Doubt that Christ’s reign on earth will last for a thousand years is doubt that Scripture means what it says, since Revelation, supported by Papias and others, is explicit on the point. Papias must have passed on John’s own understanding, and while John could not have understood everything he saw, he knew when he was being shown symbols and when not and would have corrected his hearers if their understanding had been wrong. The thousand years, as a true number, asseverate God’s absolute sovereignty over the timing, a sovereignty that is clear from Christ’s ascending to the throne of his father exactly 1000 years after Solomon, son of David, ascended to the throne, in 971 BC. God foretells what he brings about, working all things according to the counsel of his will (Isa 46:11).
With him a thousand years is as a day, and a day as a thousand years (Ps 90:4, II Pet 3:8). Some infer from this that the days of Creation each represent a thousand years of history. However, Moses in the psalm is contrasting our brief lifespan with God’s eternity; Peter is emphasising God’s patience, not making a statement about the age of the Earth, which is much older than 6000 years. Nonetheless, it may not be entirely misguided to think along these lines. Only the first few chapters of the Bible are devoted to the antediluvian world, because that world no longer exists and its history is therefore of limited significance. The emergence of dry land on the third day prefigured a renewal of the creation. Cleansed by the waters of baptism (I Pet 3:21), the deluged earth re-emerged (Gen 1:9, 8:13) and, as we know from geology, a new igneous crust replaced what was destroyed. That same day God planted a garden on the earth. Correspondingly, in the second half of the 4th millennium the colonisers of Mesopotamia began to cultivate a new Eden. Their cities united to form a kingdom, but God confounded their language and forced some of them to spread abroad; the earth divided into many kingdoms. Since man’s earlier history is a blank apart from the abbreviated genealogy of Genesis 10, that must be the event that marks the beginning of the present age.

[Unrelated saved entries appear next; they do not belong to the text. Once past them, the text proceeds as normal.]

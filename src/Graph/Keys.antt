-- ===== src/Graph/Keys.antt =====
-- Hash maps as association lists with one entry for a key, and their keys.
use vegafusion.Prelude.Assoc.{lookup, remove, lookup-remove_ne, lookup-remove_self, Distinct}
use vegafusion.Prelude.{
  KeyEq, ◌==◌, ==_iff, ℕ, zero, suc, ◌<◌, Bool, true, false, ◌&&◌, List, [], ◌∷◌, ◌++◌, Option,
  none, some, ◌≡◌, ◌≢◌, ◌↔◌, ◌⊎◌, inl, inr, refl, sym, ap, subst, ◌∙◌, arith, get_elem?, length,
}

module _ {A B : Type 0} ⦃a : KeyEq A⦄ ⦃b : KeyEq B⦄ where
  instance abbrev pub pair_key : KeyEq (A × B)
  pair_key = record {
    test = λ p q. p.0 == q.0 && p.1 == q.1;
    test_iff = λ p q. ground (arith, ==_iff p.0 q.0, ==_iff p.1 q.1);
  }

module _ {A : Type 0} ⦃a : KeyEq A⦄ where
  abbrev pub same_list : List A → List A → Bool
  same_list [] [] = true
  same_list (x ∷ xs) (y ∷ ys) = x == y && same_list xs ys
  same_list _ _ = false

  pub same_list_iff : (xs ys : List A) → (same_list xs ys ≡ true) ↔ (xs ≡ ys)
  same_list_iff [] [] = ground arith
  same_list_iff [] (y ∷ ys) = ground arith
  same_list_iff (x ∷ xs) [] = ground arith
  same_list_iff (x ∷ xs) (y ∷ ys) = ground (arith, ==_iff x y, same_list_iff xs ys)

  instance abbrev pub list_key : KeyEq (List A)
  list_key = record { test = same_list; test_iff = same_list_iff }

  abbrev pub same_option : Option A → Option A → Bool
  same_option none none = true
  same_option (some x) (some y) = x == y
  same_option _ _ = false

  pub same_option_iff : (x y : Option A) → (same_option x y ≡ true) ↔ (x ≡ y)
  same_option_iff none none = ground arith
  same_option_iff none (some y) = ground arith
  same_option_iff (some x) none = ground arith
  same_option_iff (some x) (some y) = ground (arith, ==_iff x y)

  instance abbrev pub option_key : KeyEq (Option A)
  option_key = record { test = same_option; test_iff = same_option_iff }

module _ {A : Type 0} where
  abbrev pub Occurs : A → List A → Type 0
  Occurs a [] = ⊥
  Occurs a (x ∷ xs) = (a ≡ x) ⊎ Occurs a xs

module _ {K : Type 0} ⦃key : KeyEq K⦄ where
  pub test_cases : (k j : K) → (k ≡ j) ⊎ (k ≢ j)
  test_cases k j = by_test (k == j) refl
    where
      by_test : (b : Bool) → (k == j) ≡ b → (k ≡ j) ⊎ (k ≢ j)
      by_test true e = inl ((==_iff k j).0 e)
      by_test false e = inr (λ same. ground (arith, ==_iff k j))

module _ {K V : Type 0} ⦃key : KeyEq K⦄ where
  -- `HashMap::insert`
  unfoldable pub put : K → V → List (K × V) → List (K × V)
  put k v m = (k, v) ∷ remove k m

  -- What `collect` makes of pairs: the last one for a key stands.
  unfoldable pub collect_onto : List (K × V) → List (K × V) → List (K × V)
  unfolding put
  collect_onto m [] = m
  collect_onto m ((k, v) ∷ l) = collect_onto (put k v m) l

  lookup-remove-none :
      (k j : K) (m : List (K × V)) → lookup j m ≡ none → lookup j (remove k m) ≡ none
  unfolding lookup remove
  lookup-remove-none k j [] h = refl
  lookup-remove-none k j ((i, v) ∷ m) h = ground (arith, lookup-remove-none k j m)

  remove-Distinct : (k : K) (m : List (K × V)) → Distinct m → Distinct (remove k m)
  unfolding remove
  remove-Distinct k [] d = tt
  remove-Distinct k ((i, v) ∷ m) d =
      ground (arith, remove-Distinct k m d.1, lookup-remove-none k i m d.0)

  pub put-Distinct : (k : K) (v : V) (m : List (K × V)) → Distinct m → Distinct (put k v m)
  unfolding put
  put-Distinct k v m d = (lookup-remove_self k m d, remove-Distinct k m d)

  pub lookup-put_self : (k : K) (v : V) (m : List (K × V)) → lookup k (put k v m) ≡ some v
  unfolding put lookup
  lookup-put_self k v m = ground (arith, ==_iff k k)

  pub lookup-put_ne :
      (k j : K) (v : V) (m : List (K × V)) → k ≢ j → lookup j (put k v m) ≡ lookup j m
  unfolding put lookup
  lookup-put_ne k j v m h = ground (arith, ==_iff k j, lookup-remove_ne k j m h)

  -- A map has only what was put into it.
  pub lookup-put :
      (k j : K) (v w : V) (m : List (K × V))
      → lookup j (put k v m) ≡ some w
      → ((j ≡ k) × (w ≡ v)) ⊎ (lookup j m ≡ some w)
  lookup-put k j v w m h = elim (test_cases k j) [
    | inl same ↦ inl (
      sym same,
      some_eq
          (sym (subst (λ j. lookup j (put k v m) ≡ some w) (sym same) h) ∙ lookup-put_self k v m),
    )
    | inr other ↦ inr (sym (lookup-put_ne k j v m other) ∙ h)
  ]
    where
      some_eq : some w ≡ some v → w ≡ v
      some_eq e = cc

  pub lookup-collect_onto :
      (j : K) (w : V) (l m : List (K × V))
      → lookup j (collect_onto m l) ≡ some w
      → Occurs (j, w) l ⊎ (lookup j m ≡ some w)
  unfolding collect_onto
  lookup-collect_onto j w [] m h = inr h
  lookup-collect_onto j w ((k, v) ∷ l) m h = elim (lookup-collect_onto j w l (put k v m) h) [
    | inl later ↦ inl (inr later)
    | inr before ↦ elim (lookup-put k j v w m before) [
      | inl here ↦ inl (inl (pair_eq here.0 here.1))
      | inr old ↦ inr old
    ]
  ]
    where
      pair_eq : j ≡ k → w ≡ v → ◌≡◌ {A = K × V} (j, w) (k, v)
      pair_eq e f = cc

  -- A key that was put in stays.
  pub collect_onto-some :
      (j : K) (w : V) (l m : List (K × V))
      → Occurs (j, w) l ⊎ (lookup j m ≡ some w)
      → (v : V) × (lookup j (collect_onto m l) ≡ some v)
  unfolding collect_onto
  collect_onto-some j w [] m (inl h) = elim h [ ]
  collect_onto-some j w [] m (inr h) = (w, h)
  collect_onto-some j w ((k, v) ∷ l) m (inl (inr h)) = collect_onto-some j w l (put k v m) (inl h)
  collect_onto-some j w ((k, v) ∷ l) m (inl (inl h)) = collect_onto-some j v l (put k v m) (
      inr (
        subst (λ i. lookup i (put k v m) ≡ some v) (ap (λ p. p.0) (sym h)) (lookup-put_self k v m)))
  collect_onto-some j w ((k, v) ∷ l) m (inr h) = elim (test_cases k j) [
    | inl same ↦
        collect_onto-some j v l (put k v m)
          (inr (subst (λ i. lookup i (put k v m) ≡ some v) same (lookup-put_self k v m)))
    | inr other ↦ collect_onto-some j w l (put k v m) (inr (lookup-put_ne k j v m other ∙ h))
  ]

module _ {A : Type 0} where
  pub get_elem?-append_left :
      (xs ys : List A) (i : ℕ) (a : A) → get_elem? xs i ≡ some a → get_elem? (xs ++ ys) i ≡ some a
  get_elem?-append_left [] ys i a h = cc
  get_elem?-append_left (x ∷ xs) ys zero a h = h
  get_elem?-append_left (x ∷ xs) ys (suc i) a h = get_elem?-append_left xs ys i a h

  pub get_elem?-append_last : (xs : List A) (a : A) → get_elem? (xs ++ a ∷ []) (length xs) ≡ some a
  get_elem?-append_last [] a = refl
  get_elem?-append_last (x ∷ xs) a = get_elem?-append_last xs a

  pub get_elem?-append_cases :
      (xs : List A) (a b : A) (i : ℕ)
      → get_elem? (xs ++ a ∷ []) i ≡ some b
      → (get_elem? xs i ≡ some b) ⊎ (b ≡ a)
  get_elem?-append_cases [] a b zero h = inr (some_eq h)
    where
      some_eq : some a ≡ some b → b ≡ a
      some_eq e = cc
  get_elem?-append_cases [] a b (suc i) h = inl h
  get_elem?-append_cases (x ∷ xs) a b zero h = inl h
  get_elem?-append_cases (x ∷ xs) a b (suc i) h = get_elem?-append_cases xs a b i h

  pub get_elem?-lt : (xs : List A) (i : ℕ) (a : A) → get_elem? xs i ≡ some a → i < length xs
  get_elem?-lt [] i a h = cc
  get_elem?-lt (x ∷ xs) zero a h = omega arith
  get_elem?-lt (x ∷ xs) (suc i) a h = omega (arith, get_elem?-lt xs i a h)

Day | 1000 yrs | Genesis 1 | History |
3=1 | 3rd BC | God plants a garden of trees and forms Adam to look after it. | The first states after Gen 11:8: Sumer, Elam, Egypt, India, China, Crete. |
4=2 | 2nd BC | He makes the Sun, the Moon and the 12 planets. | Jacob, Rachel and their 12 children (Gen 37:9). |
5=3 | 1st BC | He creates marine and flying animals, including tanninim. | Gentile nations (Dan 7-8, Hab 1:14, Acts 10:12). |
6=4 | 1st AD | He creates land animals, but they are not a suitable bride for man. He forms woman and gives her to him. | The Church called into being from the side of the last Adam (I Cor 15:45, Eph 5:31f). |
7=5 | 2nd AD | He rests the seventh day. | The Church established in Europe. |
8=6 | 3rd AD | The man and the woman are given dominion over the animals. | Christ and his bride exercise dominion over the nations (Ps 8:6, Heb 2:8). |
9=7 | God’s unending sabbath rest (Heb 4:9). The new heaven and earth. |
Empires and nation states in Scripture are expressly likened to the trees God planted in his garden. As one empire was uprooted, another rose in its stead. First-millennium Assyria was a cedar of once unequalled height and beauty, supplied by many waters and giving shelter to all the birds (peoples and tribes). Then God dried up its waters and cut it down at the hands of the Chaldaeans; it went down to join the other trees in Sheol (Ezek 31). Israel in one place is likened to a terebinth (Isa 6:13), in another to a vine, a seedling grown in the nursery of Egypt. After clearing the land of Canaan of its wild plants, God transplanted Israel there so that it might grow and bear fruit (Ps 80:8, Jer 2:21), but the vine degenerated and became good only for firewood (Isa 5:1-7, Ezek 15). Therefore, Jesus provided another vine, himself, joined to whom his disciples would bear not be unfruitful. In another simile, God’s kingdom was compared to a mustard tree. Beginning with the smallest of seeds, it would eventually grow bigger than any other tree and even shelter birds in its branches (Mark 4:32), like empires before it (Ezek 31:6, Dan 4:12). In the growth of Christianity we can see this coming to pass, in a limited way. But complete fulfilment awaits the millennium (Ezek 17:22-24). Only then will all the trees know that Jesus is Yahweh.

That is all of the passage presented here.